# Texas Ebony ??{ wood off of ebay}



## brookpederson (Jan 22, 2012)

So this winter i have been selling some of our spalted maple on ebay. I have been pleased at the ease of shipping small turning chunks to a mass market. Does anyone else sell on ebay??

Second question- I also make recurve bows during the winter months and i was looking on ebay for a piece of ebony to make a bow riser out of. I then realized how ridiculously expensive ebony is and saw Texas Ebony, What is texas ebony. I figure its someone renaming a spieces of tree to get a little extra $$ out of it. Kinda of like seafood places calling zander waleye, or cod red snapper. Or maybe in texas they have the right kind of climate for growing ebony, if so cool 

Sorry; i had my mouth soaped :msp_razz:


----------



## qbilder (Jan 22, 2012)

Texas ebony is a true ebony. It's very hard, very heavy. It's usually a dark chocolate brown with a bronze undertone. It's one of my favorite woods. Its tougher to get than African ebony, but if you can get it, it's certainly worthy of a bow riser.


----------



## discounthunter (Jan 22, 2012)

ive heard of texas iron wood,possibly the same?


----------



## qbilder (Jan 22, 2012)

discounthunter said:


> ive heard of texas iron wood,possibly the same?

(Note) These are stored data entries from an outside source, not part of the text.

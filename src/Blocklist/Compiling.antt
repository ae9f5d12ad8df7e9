-- ===== src/Blocklist/Compiling.antt =====
-- Blocklist rules that the validator accepts.
use mcp_proxy.Prelude.{
  Bool, Bool-cases, List, String, [], arith, false, true, refl, none, some, ◌≡◌, ◌∷◌, ℕ, ◌+◌, inl,
  inr, Option,
}
use mcp_proxy.Json.{Items, Value, arr, cons, nil, str, null, bool, number, obj, get_field}
use mcp_proxy.Validation.{
  ◌then_check◌, Format, RuleDefinition, check_items, check_match_type, check_values, is_enabled,
  is_str, validate_blocklist_rule,
}
use mcp_proxy.Expression.Values.{
  Compiled, Printer, both, err, map_compiled, ok, panicked, string_items, to_string_slice, wrap,
}
use mcp_proxy.Blocklist.{
  compile_blocklist_rule, compile_blocklist_rules, with_match_type, with_values,
}

-- There is a result.
unfoldable pub is_ok {ℓ} : {A : Type ℓ} → Compiled A → Bool
is_ok (ok _) = true
is_ok (err _) = false
is_ok panicked = false

is_ok-map_compiled :
    {A B : Type 0} (f : A → B) (c : Compiled A) → is_ok c ≡ true → is_ok (map_compiled f c) ≡ true
unfolding is_ok map_compiled
is_ok-map_compiled f c h = ground arith

is_ok-wrap : {A : Type 0} (t : String) (c : Compiled A) → is_ok c ≡ true → is_ok (wrap t c) ≡ true
unfolding is_ok wrap
is_ok-wrap t c h = ground arith

is_ok-string_items :
    (pr : Printer) (fmt : Format) (i j : ℕ) (xs : Items)
    → check_items fmt i xs ≡ none
    → is_ok (string_items pr j xs) ≡ true
unfolding is_ok check_items string_items is_str
is_ok-string_items pr fmt i j nil h = refl
is_ok-string_items pr fmt i j (cons (str s) xs) h =
    is_ok-map_compiled _ _ (is_ok-string_items pr fmt (i + 1) (j + 1) xs h)
is_ok-string_items pr fmt i j (cons null xs) h = ground arith
is_ok-string_items pr fmt i j (cons (bool _) xs) h = ground arith
is_ok-string_items pr fmt i j (cons (number _) xs) h = ground arith
is_ok-string_items pr fmt i j (cons (obj _) xs) h = ground arith
is_ok-string_items pr fmt i j (cons (arr _) xs) h = ground arith

is_ok-with_values :
    (pr : Printer) (fmt : Format) (rule : RuleDefinition) (mt : String) (v : Option Value)
    → check_values fmt v ≡ none
    → is_ok (with_values pr rule mt v) ≡ true
unfolding is_ok check_values with_values to_string_slice
is_ok-with_values pr fmt rule mt none h = ground arith
is_ok-with_values pr fmt rule mt (some (arr nil)) h = ground arith
is_ok-with_values pr fmt rule mt (some (arr (cons v xs))) h =
    is_ok-wrap _ _ (is_ok-map_compiled _ _ (is_ok-string_items pr fmt 0 0 (cons v xs) h))
is_ok-with_values pr fmt rule mt (some null) h = ground arith
is_ok-with_values pr fmt rule mt (some (bool _)) h = ground arith
is_ok-with_values pr fmt rule mt (some (number _)) h = ground arith
is_ok-with_values pr fmt rule mt (some (str _)) h = ground arith
is_ok-with_values pr fmt rule mt (some (obj _)) h = ground arith

is_ok-with_match_type :
    (pr : Printer) (fmt : Format) (rule : RuleDefinition) (mt v : Option Value)
    → check_match_type mt ≡ none
    → check_values fmt v ≡ none
    → is_ok (with_match_type pr rule mt v) ≡ true
unfolding check_match_type with_match_type
is_ok-with_match_type pr fmt rule (some (str mt)) v h k = is_ok-with_values pr fmt rule mt v k
is_ok-with_match_type pr fmt rule none v h k = ground arith
is_ok-with_match_type pr fmt rule (some null) v h k = ground arith
is_ok-with_match_type pr fmt rule (some (bool _)) v h k = ground arith
is_ok-with_match_type pr fmt rule (some (number _)) v h k = ground arith
is_ok-with_match_type pr fmt rule (some (obj _)) v h k = ground arith
is_ok-with_match_type pr fmt rule (some (arr _)) v h k = ground arith

passed : (a b : Option String) → (a then_check b) ≡ none → (a ≡ none) × (b ≡ none)
passed a b h = ground arith

is_ok-compile_blocklist_rule :
    (pr : Printer) (fmt : Format) (rule : RuleDefinition)
    → validate_blocklist_rule fmt rule.conditions ≡ none
    → is_ok (compile_blocklist_rule pr rule) ≡ true
unfolding validate_blocklist_rule compile_blocklist_rule
is_ok-compile_blocklist_rule pr fmt rule h =
    let (typed, valued) = passed _ _ h in
    is_ok-with_match_type pr fmt rule (get_field "match_type" rule.conditions)
      (get_field "values" rule.conditions) typed valued

is_ok-both :
    {A B C : Type 0} (f : A → B → C) (c : Compiled A) (d : Compiled B)
    → is_ok c ≡ true
    → is_ok d ≡ true
    → is_ok (both f c d) ≡ true
unfolding is_ok both
is_ok-both f c d h k = ground arith

-- The validator accepts the conditions of the rules that are enabled.
unfoldable pub AllAccepted : Format → List RuleDefinition → Type 0
AllAccepted fmt [] = Unit
AllAccepted fmt (rule ∷ rules) =
    (is_enabled rule ≡ true → validate_blocklist_rule fmt rule.conditions ≡ none)
    × AllAccepted fmt rules

-- Blocklist rules compile to a text, without an error or a panic, if the validator accepts the conditions of those that are enabled.
pub is_ok-compile_blocklist_rules :
    (pr : Printer) (fmt : Format) (rules : List RuleDefinition)
    → AllAccepted fmt rules
    → is_ok (compile_blocklist_rules pr rules) ≡ true
unfolding is_ok compile_blocklist_rules AllAccepted
is_ok-compile_blocklist_rules pr fmt [] h = refl
is_ok-compile_blocklist_rules pr fmt (rule ∷ rules) (accepted, others) =
    let rest = is_ok-compile_blocklist_rules pr fmt rules others in
    elim (Bool-cases (is_enabled rule)) [
      | inl e ↦ rw e (
          is_ok-both _ (compile_blocklist_rule pr rule) _
            (is_ok-compile_blocklist_rule pr fmt rule (accepted e)) rest)
      | inr e ↦ rw e rest
    ]
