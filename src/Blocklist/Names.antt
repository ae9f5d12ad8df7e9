-- ===== src/Blocklist/Names.antt =====
-- The names that rules get in Rego.
use mcp_proxy.Prelude.{
  Bool, Bool-cases, String, ap, sym, arith, eqb, false, inl, inr, refl, true, ◌≡◌, ◌∙◌,
}
use Prim.Native.Char.{Char, code as code_point}
use mcp_proxy.Parser.{all_chars, is_letter}
use mcp_proxy.Validation.{is_identifier_char, is_valid_identifier}
use mcp_proxy.Blocklist.{underscore, keep_valid, replace_dashes, sanitize_rule_id}

module _ (c : Char) (s : String) where
  dash_step :
      eqb (code_point c) b'-' ≡ true
      → replace_dashes (String.◌∷◌ c s) ≡ String.◌∷◌ underscore (replace_dashes s)
  unfolding replace_dashes
  dash_step h = rw h refl

  other_step :
      eqb (code_point c) b'-' ≡ false
      → replace_dashes (String.◌∷◌ c s) ≡ String.◌∷◌ c (replace_dashes s)
  unfolding replace_dashes
  other_step h = rw h refl

  kept_step :
      is_identifier_char (code_point c) ≡ true
      → eqb (code_point c) b'-' ≡ false
      → keep_valid true (String.◌∷◌ c s) ≡ String.◌∷◌ c (keep_valid true s)
  unfolding keep_valid is_identifier_char is_letter
  kept_step h k = ground arith

  first_step :
      (b : Bool)
      → is_letter (code_point c) ≡ true
      → keep_valid b (String.◌∷◌ c s) ≡ String.◌∷◌ c (keep_valid true s)
  unfolding keep_valid
  first_step b h = rw h refl

  letter-not_dash : is_letter (code_point c) ≡ true → eqb (code_point c) b'-' ≡ false
  unfolding is_letter
  letter-not_dash h = ground arith

  all_chars-head :
      all_chars is_identifier_char (String.◌∷◌ c s) ≡ true
      → (is_identifier_char (code_point c) ≡ true) × (all_chars is_identifier_char s ≡ true)
  unfolding all_chars
  all_chars-head h = ground arith

first-letter :
    (c : Char) (s : String)
    → is_valid_identifier (String.◌∷◌ c s) ≡ true
    → (is_letter (code_point c) ≡ true) × (all_chars is_identifier_char s ≡ true)
unfolding is_valid_identifier
first-letter c s h = ground arith

keep_valid-replace_dashes :
    (s : String)
    → all_chars is_identifier_char s ≡ true
    → keep_valid true (replace_dashes s) ≡ replace_dashes s
unfolding keep_valid replace_dashes
keep_valid-replace_dashes String.[] h = refl
keep_valid-replace_dashes (String.◌∷◌ c s) h =
    let (valid, rest) = all_chars-head c s h in
    let ih = keep_valid-replace_dashes s rest in
    elim (Bool-cases (eqb (code_point c) b'-')) [
      | inl e ↦
          ap (keep_valid true) (dash_step c s e)
          ∙ ap (λ t. String.◌∷◌ underscore t) ih
          ∙ sym (dash_step c s e)
      | inr e ↦
          ap (keep_valid true) (other_step c s e)
          ∙ kept_step c (replace_dashes s) valid e
          ∙ ap (λ t. String.◌∷◌ c t) ih
          ∙ sym (other_step c s e)
    ]

-- What the validator accepts as the ID of a rule or the name of a policy gets, as its name in Rego, the same characters with an underscore for each dash.
pub sanitize_rule_id_lem :
    (id : String) → is_valid_identifier id ≡ true → sanitize_rule_id id ≡ replace_dashes id
unfolding is_valid_identifier sanitize_rule_id keep_valid replace_dashes
sanitize_rule_id_lem String.[] h = refl
sanitize_rule_id_lem (String.◌∷◌ c s) h =
    let (letter, rest) = first-letter c s h in
    let step = other_step c s (letter-not_dash c s letter) in
    ap (keep_valid false) step
    ∙ first_step c (replace_dashes s) false letter
    ∙ ap (λ t. String.◌∷◌ c t) (keep_valid-replace_dashes s rest)
    ∙ sym step
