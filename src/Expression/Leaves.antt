-- ===== src/Expression/Leaves.antt =====
-- internal/policy/compiler/expression.go: the conditions without a logical operator.
use mcp_proxy.Prelude.{
  Bool, List, Option, String, [], eqb, false, if◌then◌else◌, leb, none, some, ℕ, ◌&&◌, ◌==◌, ◌||◌,
  ◌∷◌,
}
use Prim.Native.Char.{code as code_point}
use Prim.Native.String.{◌++◌ as ◌++ˢ◌}
use mcp_proxy.Cache.{join}
use mcp_proxy.Json.{Fields, Value, end, field, get_field, null, obj, str}
use mcp_proxy.Parser.{all_chars, is_letter}
use mcp_proxy.Validation.{is_in}
use mcp_proxy.Expression.Values.{
  Compiled, Printer, both, err, field_path_to_rego, indentation, map_compiled, membership, ok,
  panicked, value_to_rego,
}

-- isFieldPath, with ^[a-zA-Z][a-zA-Z0-9_.]*$
unfoldable pub is_path_char : ℕ → Bool
unfolding is_letter
is_path_char c = is_letter c || leb b'0' c && leb c b'9' || eqb c b'_' || eqb c b'.'

abbrev pub keywords : List String
keywords =
    "all" ∷ "any" ∷ "not" ∷ "field" ∷ "op" ∷ "value" ∷ "field_equals" ∷ "field_in" ∷ "field_matches"
    ∷ "tool_in" ∷ "agent_in" ∷ []

unfoldable pub matches_path : String → Bool
unfolding is_letter is_path_char all_chars
matches_path String.[] = false
matches_path (String.◌∷◌ c s) = is_letter (code_point c) && all_chars is_path_char s

unfoldable pub is_field_path : String → Bool
unfolding matches_path is_in
is_field_path s = if is_in keywords s then false else matches_path s

unfoldable pub comparison : Printer → ℕ → String → Value → String
unfolding indentation field_path_to_rego
comparison pr n path v = indentation n ++ˢ field_path_to_rego path ++ˢ " == " ++ˢ value_to_rego pr v

-- The loop over the members that ends with the first field path.
unfoldable pub compile_direct : Printer → ℕ → Fields → Fields → Compiled String
unfolding comparison is_field_path
compile_direct pr n expr end = err ("unknown expression type: " ++ˢ pr.object expr)
compile_direct pr n expr (field k v fs) =
    let rest = compile_direct pr n expr fs in
    if is_field_path k then ok (comparison pr n k v) else rest

-- The conditions of the members of an object, one line each.
unfoldable pub equals_lines : Printer → ℕ → Fields → List String
unfolding comparison
equals_lines pr n end = []
equals_lines pr n (field k v fs) = comparison pr n k v ∷ equals_lines pr n fs

unfoldable pub compile_field_equals : Printer → ℕ → Value → Compiled String
unfolding equals_lines join
compile_field_equals pr n (obj fs) = ok (join (equals_lines pr n fs) "\n")
compile_field_equals pr n _ = err "'field_equals' must be an object"

unfoldable pub in_lines : Printer → ℕ → Fields → Compiled (List String)
unfolding both membership field_path_to_rego indentation
in_lines pr n end = ok []
in_lines pr n (field k v fs) =
    both (λ l ls. l ∷ ls) (membership pr (indentation n) (field_path_to_rego k) v)
      (in_lines pr n fs)

unfoldable pub compile_field_in : Printer → ℕ → Value → Compiled String
unfolding in_lines map_compiled join
compile_field_in pr n (obj fs) = map_compiled (λ ls. join ls "\n") (in_lines pr n fs)
compile_field_in pr n _ = err "'field_in' must be an object"

unfoldable pub match_line : Printer → ℕ → String → Value → Compiled String
unfolding indentation field_path_to_rego
match_line pr n path (str pattern) = ok (
    indentation n
    ++ˢ "regex.match("
    ++ˢ pr.quote pattern
    ++ˢ ", "
    ++ˢ field_path_to_rego path
    ++ˢ ")")
match_line pr n path _ = err ("pattern for '" ++ˢ path ++ˢ "' must be a string")

unfoldable pub match_lines : Printer → ℕ → Fields → Compiled (List String)
unfolding both match_line
match_lines pr n end = ok []
match_lines pr n (field k v fs) = both (λ l ls. l ∷ ls) (match_line pr n k v) (match_lines pr n fs)

unfoldable pub compile_field_matches : Printer → ℕ → Value → Compiled String
unfolding match_lines map_compiled join
compile_field_matches pr n (obj fs) = map_compiled (λ ls. join ls "\n") (match_lines pr n fs)
compile_field_matches pr n _ = err "'field_matches' must be an object"

-- expr["value"], nil where it is missing
unfoldable pub value_of : Fields → Value
value_of fs = elim (get_field "value" fs) [ none ↦ null | some v ↦ v ]

-- The switch of compileFieldOp; `start` is the indentation.
unfoldable pub compile_operator : Printer → String → String → String → Value → Compiled String
unfolding membership
compile_operator pr start path op v =
    if op == "eq"
    then ok (start ++ˢ path ++ˢ " == " ++ˢ value_to_rego pr v)
    else if op == "ne"
    then ok (start ++ˢ path ++ˢ " != " ++ˢ value_to_rego pr v)
    else if op == "gt"
    then ok (start ++ˢ path ++ˢ " > " ++ˢ value_to_rego pr v)
    else if op == "gte"
    then ok (start ++ˢ path ++ˢ " >= " ++ˢ value_to_rego pr v)
    else if op == "lt"
    then ok (start ++ˢ path ++ˢ " < " ++ˢ value_to_rego pr v)
    else if op == "lte"
    then ok (start ++ˢ path ++ˢ " <= " ++ˢ value_to_rego pr v)
    else if op == "contains"
    then ok (start ++ˢ "contains(" ++ˢ path ++ˢ ", " ++ˢ value_to_rego pr v ++ˢ ")")
    else if op == "startswith"
    then ok (start ++ˢ "startswith(" ++ˢ path ++ˢ ", " ++ˢ value_to_rego pr v ++ˢ ")")
    else if op == "endswith"
    then ok (start ++ˢ "endswith(" ++ˢ path ++ˢ ", " ++ˢ value_to_rego pr v ++ˢ ")")
    else if op == "matches"
    then ok (start ++ˢ "regex.match(" ++ˢ value_to_rego pr v ++ˢ ", " ++ˢ path ++ˢ ")")
    else if op == "in"
    then membership pr start path v
    else if op == "not_in"
    then membership pr (start ++ˢ "not ") path v
    else err ("unknown operator: " ++ˢ op)

unfoldable pub with_operator : Printer → ℕ → String → Option Value → Fields → Compiled String
unfolding compile_operator value_of field_path_to_rego indentation
with_operator pr n path (some (str op)) fs =
    compile_operator pr (indentation n) (field_path_to_rego path) op (value_of fs)
with_operator pr n path _ fs = err "'op' is required for field operations"

-- Under "field"; the assertion panics on a value that is no string.
unfoldable pub compile_field : Printer → ℕ → Value → Fields → Compiled String
unfolding with_operator
compile_field pr n (str path) fs = with_operator pr n path (get_field "op" fs) fs
compile_field pr n _ fs = panicked

-- A case of compileExpr that is taken if the member is there, and else the next.
unfoldable pub when_there :
    Option Value → (Value → Compiled String) → Compiled String → Compiled String
when_there none taken next = next
when_there (some v) taken next = taken v

-- compileExpr behind its logical operators.
unfoldable pub compile_leaf : Printer → ℕ → Fields → Compiled String
unfolding when_there membership indentation compile_field_equals compile_field_in
    compile_field_matches compile_field compile_direct
compile_leaf pr n fs =
    when_there (get_field "tool_in" fs) (membership pr (indentation n) "input.request.tool") (
      when_there (get_field "agent_in" fs) (membership pr (indentation n) "input.agent.id") (
        when_there (get_field "field_equals" fs) (compile_field_equals pr n) (
          when_there (get_field "field_in" fs) (compile_field_in pr n) (
            when_there (get_field "field_matches" fs) (compile_field_matches pr n) (
              when_there (get_field "field" fs) (λ v. compile_field pr n v fs)
                (compile_direct pr n fs fs))))))
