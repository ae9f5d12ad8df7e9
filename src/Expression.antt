-- ===== src/Expression.antt =====
-- internal/policy/compiler/expression.go: conditions translated to Rego.
--
-- The printing of indices, quoted strings, numbers and whole objects is the parameter `Printer`. The
-- assertion `field.(string)` panics on another type.
pub mod Values
pub mod Leaves
pub mod Panics
pub mod Nesting
pub mod Tests
use mcp_proxy.Prelude.{
  Bool, List, Option, String, [], eqb, false, if◌then◌else◌, leb, none, not, some, suc, true, zero,
  ℕ, ◌&&◌, ◌+◌, ◌==◌, ◌||◌, ◌∷◌,
}
use Prim.Native.Char.{code as code_point}
use Prim.Native.String.{◌++◌ as ◌++ˢ◌}
use mcp_proxy.Cache.{join}
use mcp_proxy.Json.{
  Fields, Items, Value, arr, bool, cons, end, field, get_field, nil, null, number, obj, str,
}
use mcp_proxy.Parser.{all_chars, is_letter}
use mcp_proxy.Upstream.Events.{has_prefix, trim}
use mcp_proxy.Validation.{is_in}
use mcp_proxy.Expression.Values.{
  Compiled, Printer, both, err, field_path_to_rego, indentation, map_compiled, membership, ok,
  panicked, quote_slice, to_string_slice, value_to_rego, wrap,
}
use mcp_proxy.Expression.Leaves.{compile_leaf}

unfoldable pub parenthesised : List String → List String
unfolding trim
parenthesised [] = []
parenthesised (c ∷ cs) = ("(" ++ˢ trim c ++ˢ ")") ∷ parenthesised cs

-- The text of compileAny; the text that it builds before is not used.
unfoldable pub any_text : ℕ → List String → String
unfolding indentation parenthesised join
any_text n conditions =
    indentation n
    ++ˢ "# any: one of the following must be true\n"
    ++ˢ indentation n
    ++ˢ join (parenthesised conditions) ("\n" ++ˢ indentation n)

-- The case of a logical operator, which is there or not, and what follows it.
unfoldable pub or_next : Option (Compiled String) → Compiled String → Compiled String
or_next none next = next
or_next (some here) next = here

unfoldable pub not_text : ℕ → String → String
unfolding trim indentation
not_text n inner = indentation n ++ˢ "not " ++ˢ trim inner

-- compileExpr, with its body written out at both of its recursive calls. The first three compile the
-- member that get_field finds, if it finds one.
unfoldable mutual
  unfolding or_next compile_leaf any_text not_text map_compiled both wrap

  pub compile_all : Printer → ℕ → Fields → Option (Compiled String)
  compile_all pr n end = none
  compile_all pr n (field k v fs) =
      let rest = compile_all pr n fs in
      let here = map_compiled (λ cs. join cs "\n") (compile_array pr "all" n v) in
      if k == "all" then some here else rest

  pub compile_any : Printer → ℕ → Fields → Option (Compiled String)
  compile_any pr n end = none
  compile_any pr n (field k v fs) =
      let rest = compile_any pr n fs in
      let here = map_compiled (any_text n) (compile_array pr "any" (n + 1) v) in
      if k == "any" then some here else rest

  pub compile_not : Printer → ℕ → Fields → Option (Compiled String)
  compile_not pr n end = none
  compile_not pr n (field k v fs) =
      let rest = compile_not pr n fs in
      let here = map_compiled (not_text n) (compile_negated pr v) in
      if k == "not" then some here else rest

  pub compile_array : Printer → String → ℕ → Value → Compiled (List String)
  compile_array pr key n (arr xs) = compile_items pr key n 0 xs
  compile_array pr key n v = err ("'" ++ˢ key ++ˢ "' must be an array")

  pub compile_items : Printer → String → ℕ → ℕ → Items → Compiled (List String)
  compile_items pr key n i nil = ok []
  compile_items pr key n i (cons v xs) =
      both (λ c cs. c ∷ cs) (compile_item pr key n i v) (compile_items pr key n (i + 1) xs)

  pub compile_item : Printer → String → ℕ → ℕ → Value → Compiled String
  compile_item pr key n i (obj fs) = wrap (key ++ˢ "[" ++ˢ pr.decimal i ++ˢ "]") (
      or_next (compile_all pr n fs)
        (or_next (compile_any pr n fs) (or_next (compile_not pr n fs) (compile_leaf pr n fs))))
  compile_item pr key n i v = err (key ++ˢ "[" ++ˢ pr.decimal i ++ˢ "] must be an object")

  pub compile_negated : Printer → Value → Compiled String
  compile_negated pr (obj fs) =
      or_next (compile_all pr 0 fs)
        (or_next (compile_any pr 0 fs) (or_next (compile_not pr 0 fs) (compile_leaf pr 0 fs)))
  compile_negated pr v = err "'not' must be an object"

unfoldable pub compile_expr : Printer → ℕ → Fields → Compiled String
unfolding compile_all compile_leaf or_next
compile_expr pr n fs =
    or_next (compile_all pr n fs)
      (or_next (compile_any pr n fs) (or_next (compile_not pr n fs) (compile_leaf pr n fs)))

-- Compile
unfoldable pub compile : Printer → Fields → Compiled String
unfolding compile_expr
compile pr expr = compile_expr pr 1 expr
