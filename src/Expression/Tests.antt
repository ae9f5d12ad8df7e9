-- ===== src/Expression/Tests.antt =====
-- Conditions that compile, and one that panics without the validator.
use mcp_proxy.Prelude.{none, refl, true, ◌≡◌}
use Prim.Native.String.{◌++◌ as ◌++ˢ◌}
use mcp_proxy.Json.{Fields, Items, Value, arr, bool, cons, end, field, nil, number, obj, str}
use mcp_proxy.Validation.{Format, validate_expression}
use mcp_proxy.Expression.{compile}
use mcp_proxy.Expression.Values.{Compiled, Printer, ok, panicked}

abbrev pub printer : Printer
printer = record {
  decimal = λ _. "0";
  quote = λ s. "\"" ++ˢ s ++ˢ "\"";
  number = λ s. s;
  object = λ _. "map[]";
}

abbrev pub format : Format
format = record { decimal = λ _. "0"; is_positive = λ _. true }

abbrev verified : Value
verified = obj (field "identity.verified" (bool true) end)

abbrev alice : Value
alice =
    obj (field "field" (str "agent.id") (field "op" (str "eq") (field "value" (str "alice") end)))

-- any of: verified, and not alice
abbrev pub condition : Fields
condition = field "any" (arr (cons verified (cons (obj (field "not" alice end)) nil))) end

condition_text :
    compile printer condition
    ≡ ok (
        "    # any: one of the following must be true\n    (input.identity.verified == true)\n    (not input.agent.id == \"alice\")")
unfolding compile mcp_proxy.Json.get_field mcp_proxy.Expression.Values.value_to_rego
condition_text = refl

untyped_panics : compile printer (field "field" (number "5") end) ≡ panicked
unfolding compile mcp_proxy.Json.get_field
untyped_panics = refl

pub condition_accepted : validate_expression format condition ≡ none
unfolding validate_expression mcp_proxy.Json.get_field
condition_accepted = refl
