-- ===== src/Blocklist/Tests.antt =====
-- Blocklist rules as text.
use mcp_proxy.Prelude.{[], none, refl, true, ◌≡◌, ◌∷◌}
use mcp_proxy.Prelude.Int.{pos}
use mcp_proxy.Json.{arr, cons, end, field, nil, str}
use mcp_proxy.Validation.{RuleDefinition}
use mcp_proxy.Expression.Values.{ok}
use mcp_proxy.Expression.Tests.{format, printer}
use mcp_proxy.Blocklist.{compile_blocklist_rules, replace_dashes, sanitize_rule_id}
use mcp_proxy.Blocklist.Compiling.{is_ok-compile_blocklist_rules, is_ok}
use mcp_proxy.Blocklist.Names.{sanitize_rule_id_lem}

abbrev no_shell : RuleDefinition
no_shell = record {
  id = "no-shell";
  rule_type = "blocklist";
  priority = pos 0;
  enabled = none;
  conditions =
      field "match_type" (str "tool")
        (field "values" (arr (cons (str "sh") (cons (str "bash") nil))) end);
  action = "deny";
  message = "";
}

no_shell_text :
    compile_blocklist_rules printer (no_shell ∷ [])
    ≡ ok (
        "\n# Rule: no_shell (blocklist)\n# Blocks tool: [sh bash]\n\nno_shell_blocked if {\n    input.request.tool in [\"sh\", \"bash\"]\n}\n\nblocked if {\n    no_shell_blocked\n}\n\nviolations[msg] if {\n    no_shell_blocked\n    msg := \"tool is blocked by policy\"\n}\n\n")
unfolding compile_blocklist_rules mcp_proxy.Json.get_field
no_shell_text = refl

-- Two IDs, one name.
names_collide : sanitize_rule_id "no-shell" ≡ sanitize_rule_id "no_shell"
unfolding sanitize_rule_id
names_collide = refl

sanitize_rule_id_lem_example : sanitize_rule_id "no-shell" ≡ replace_dashes "no-shell"
unfolding mcp_proxy.Validation.is_valid_identifier mcp_proxy.Parser.all_chars
sanitize_rule_id_lem_example = sanitize_rule_id_lem "no-shell" refl

is_ok-compile_blocklist_rules_example :
    is_ok (compile_blocklist_rules printer (no_shell ∷ [])) ≡ true
unfolding mcp_proxy.Blocklist.Compiling.AllAccepted mcp_proxy.Validation.validate_blocklist_rule
    mcp_proxy.Json.get_field
is_ok-compile_blocklist_rules_example =
    is_ok-compile_blocklist_rules printer format (no_shell ∷ []) (λ _. refl, tt)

Probably. Texas ebony is very similar to desert ironwood.


----------



## brookpederson (Jan 23, 2012)

I wish i could grow a couple of ebony tree's. Oh well, here are some pictures. 

One is ebony the others are elm.

View attachment 219217
View attachment 219218
View attachment 219219
View attachment 219220


----------



## brookpederson (Jan 25, 2012)

Here is a pic of some spalted maple, It takes awhile to get it top the perfect point of decay. But the effects are awsome. Ive heard of some guys making bow risers out of it, but me thinks its a little crazy to use spalted maple on something that is under so much stress.

View attachment 219700


----------



## BIG JAKE (Jan 26, 2012)

Wow-nice looking bows there Brook!


----------



## brookpederson (Jan 28, 2012)

Thanks, we try to build one to two bows a winter. I look back at all the mistakes made on the first ones and laugh. But I'm getting the whole process down now. It great to use my own wood too, I just wish I could figure out a way the make the thin tappered pieces that are sandwiched between the fiberglass on the limbs. I have to buy those along with the glass. Right now I'm working on one for my 10 yr old son, it will be his first 40# plus bow for next deer season:msp_smile:


----------



## Talltom (Jan 28, 2012)

Nice bows, Brook. Want to come to Virginia and shoot some deer? Got plenty! Nice spalted maple too. Looks a lot like the tofu I had at dinner the other night. Probably has about the same stiffness too. Save it for applications where it will look good but won't be under stress (bowls not bows). You could make a laminated riser with the spalted maple on the outside and a strong darker wood in the middle, but it's going to be softer than regular wood and will not resist abrasion very well. 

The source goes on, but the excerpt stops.